E
EmptyTimCup
Guest
Bamboozled: Two Recent Biographies Shed New Light on Liberal Icons
Why are we startled to learn the real truth about Gandhi and Malcolm X? Because journalists are remarkably adept at seeing only what they want to see when a liberal dreamboat comes floating along on a river of lies.
Did you hear that ripping sound? Two liberal icons known by their silly stage names — Mahatma Gandhi and Malcolm X — have just been torn down from their sanctified perches thanks to a pair of massively researched but finally damning new biographies.
Both men, it turns out, were at pains to take on phony identities. Each hid his homosexuality, each was racist, each took pains to manufacture favorable coverage, each was driven by petty hatreds instead of shining ideals — each of these supposedly principled figures was an out-and-out phony.
Perhaps the most delicious irony of this myth-busting is that writers with impeccable liberal credentials are the ones who are doing the exposing — and implicitly rebuking the generations of journalists who actively participated in the distortion and exaggeration.
Malcolm X: A Life of Reinvention, by the Columbia scholar Manning Marable, who died just as the book was being sent to stores, shows us a “profoundly flawed individual,” Princeton professor of African-American studies Melissa Harris-Parry told NPR, which called the book “an abrupt departure from ‘heroic’ and ‘perfected’ visions of the African-American minister that were set in motion by The Autobiography of Malcolm X and perpetuated in American popular culture.”
That “autobiography,” as David Remnick makes clear in a review in The New Yorker, consisted in large part of Malcolm Little making up tall tales about his life while being egged on by the sensationalist writer Alex Haley, whose later book Roots would also turn out to be mostly fictitious (and partly plagiarized). Haley, says Marable, wanted to write “a potboiler that would sell,” facts be damned.
<snip>
Mohandas Gandhi also successfully hid his homosexuality — his biographer Joseph Lelyveld, former editor of The New York Times, writes in his admiring new book Great Soul: Mahatma Gandhi and His Struggle with India that the Indian leader dumped his wife to have an affair with a German bodybuilder, Hermann Kallenbach. “How completely you have taken possession of my body,” he wrote to Kallenbach. Gandhi even said that Vaseline was “a constant reminder” of his boyfriend.
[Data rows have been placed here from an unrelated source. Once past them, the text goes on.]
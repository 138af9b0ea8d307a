-- ===== src/Composite/Flush/Base.antt =====
-- A flush into a base.
use inery_persistent_memory.Base.{
  ◌≡◌, refl, ap, ◌∙◌, none, List, [], ◌∷◌, if◌then◌else◌, Bool-cases, inl, inr,
}
use inery_persistent_memory.StdMap.{KeyOps, find, same}
use inery_persistent_memory.StdMap.Find.{same→eq}
use inery_persistent_memory.StdMap.Order.{Sorted, find-AllAbove}
use inery_persistent_memory.Serialize.{Codec, ValueOps}
use inery_persistent_memory.DbConf.Prefix.{PrefixType}
use inery_persistent_memory.LevelDb.{LevelDb}
use inery_persistent_memory.LevelDb.Wrapper.{ok, Lookup, found}
use inery_persistent_memory.Composite.{Layer, Cache, on_base, top, with_top}
use inery_persistent_memory.Composite.View.{
  emptied, over, peek, lower, database, lower-with_top, database-with_top,
}
use inery_persistent_memory.Composite.Puts.{set_data_to_self-Puts, peek-Puts}
use inery_persistent_memory.Composite.Flush.{clear, put_all, flush}

module _ {K V : Type 0} ⦃ko : KeyOps K⦄ where
  over-put :
      (k j : K) (v : V) (m : List (K × V)) (r : Lookup V)
      → find k m ≡ none
      → over (find j m) (if same j k then found v else r) ≡ over (find j ((k, v) ∷ m)) r
  unfolding find
  over-put k j v m r h = elim (Bool-cases (same j k)) [
    | inl e ↦ rw e (rw (same→eq j k e) (rw h))
    | inr e ↦ rw e
  ]

module _ {K V D : Type 0} ⦃ko : KeyOps K⦄ ⦃kc : Codec K⦄ ⦃vc : Codec V⦄ ⦃ldb : LevelDb D⦄
    (p : PrefixType) where
  -- a cache that the entries `m` have been put into
  pub record Received (m : List (K × V)) (c c' : Cache K V D) : Type 0 where
    pub peeks : (j : K) → peek p j c' ≡ over (find j m) (peek p j c)
    pub lowers : lower p c' ≡ lower p c
    pub databases : database c' ≡ database c

  put_all-Received :
      (m : List (K × V)) (c : Cache K V D)
      → Sorted m
      → (c' : Cache K V D) × (put_all m c ≡ ok c') × Received m c c'
  unfolding put_all find
  put_all-Received [] c s = (c, refl, record { peeks = λ j. refl; lowers = refl; databases = refl })
  put_all-Received ((k, v) ∷ m) c s =
      let (l, e, q) = set_data_to_self-Puts k v (top c) in
      let (c', done, r) = put_all-Received m (with_top l c) s.1 in
      (
        c',
        rw (e, put_all) done,
        record {
          peeks = λ j.
              r.peeks j
              ∙ ap (over (find j m)) (peek-Puts p k j v l c q)
              ∙ over-put k j v m (peek p j c) (find-AllAbove k m s.0);
          lowers = r.lowers ∙ lower-with_top p l c;
          databases = r.databases ∙ database-with_top l c;
        },
      )

  -- `Flush` into a base succeeds and empties the layer, its size counter too. Then the cache and its base both show, at
  -- every key, what the cache showed, and the caches below the base and the database are as they
  -- were.
  pub flush_to_base :
      ⦃vo : ValueOps V⦄ (l : Layer K V) (c : Cache K V D)
      → Sorted l.map_data
      → (c' : Cache K V D) × (flush p (on_base l c) ≡ (ok tt, on_base (emptied l) c'))
        × ((j : K) → peek p j c' ≡ peek p j (on_base l c))
        × ((j : K) → peek p j (on_base (emptied l) c') ≡ peek p j (on_base l c))
        × (lower p c' ≡ lower p c)
        × (database c' ≡ database c)
  unfolding flush peek clear find
  flush_to_base l c s =
      let (c', done, r) = put_all-Received l.map_data c s in
      (c', rw (done, flush), r.peeks, r.peeks, r.lowers, r.databases)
If Gandhi was not a rabid anti-Semite like Malcolm, his beliefs in regard to Jews are nonetheless reprehensible. He addressed Hitler as “my friend” in a letter and urged that the Jews pursue nonviolent resistance to the Nazis. He also advised the Jews of Palestine to “rely on the goodwill of the Arabs” and wait for a Jewish state “till Arab opinion is ripe for it.”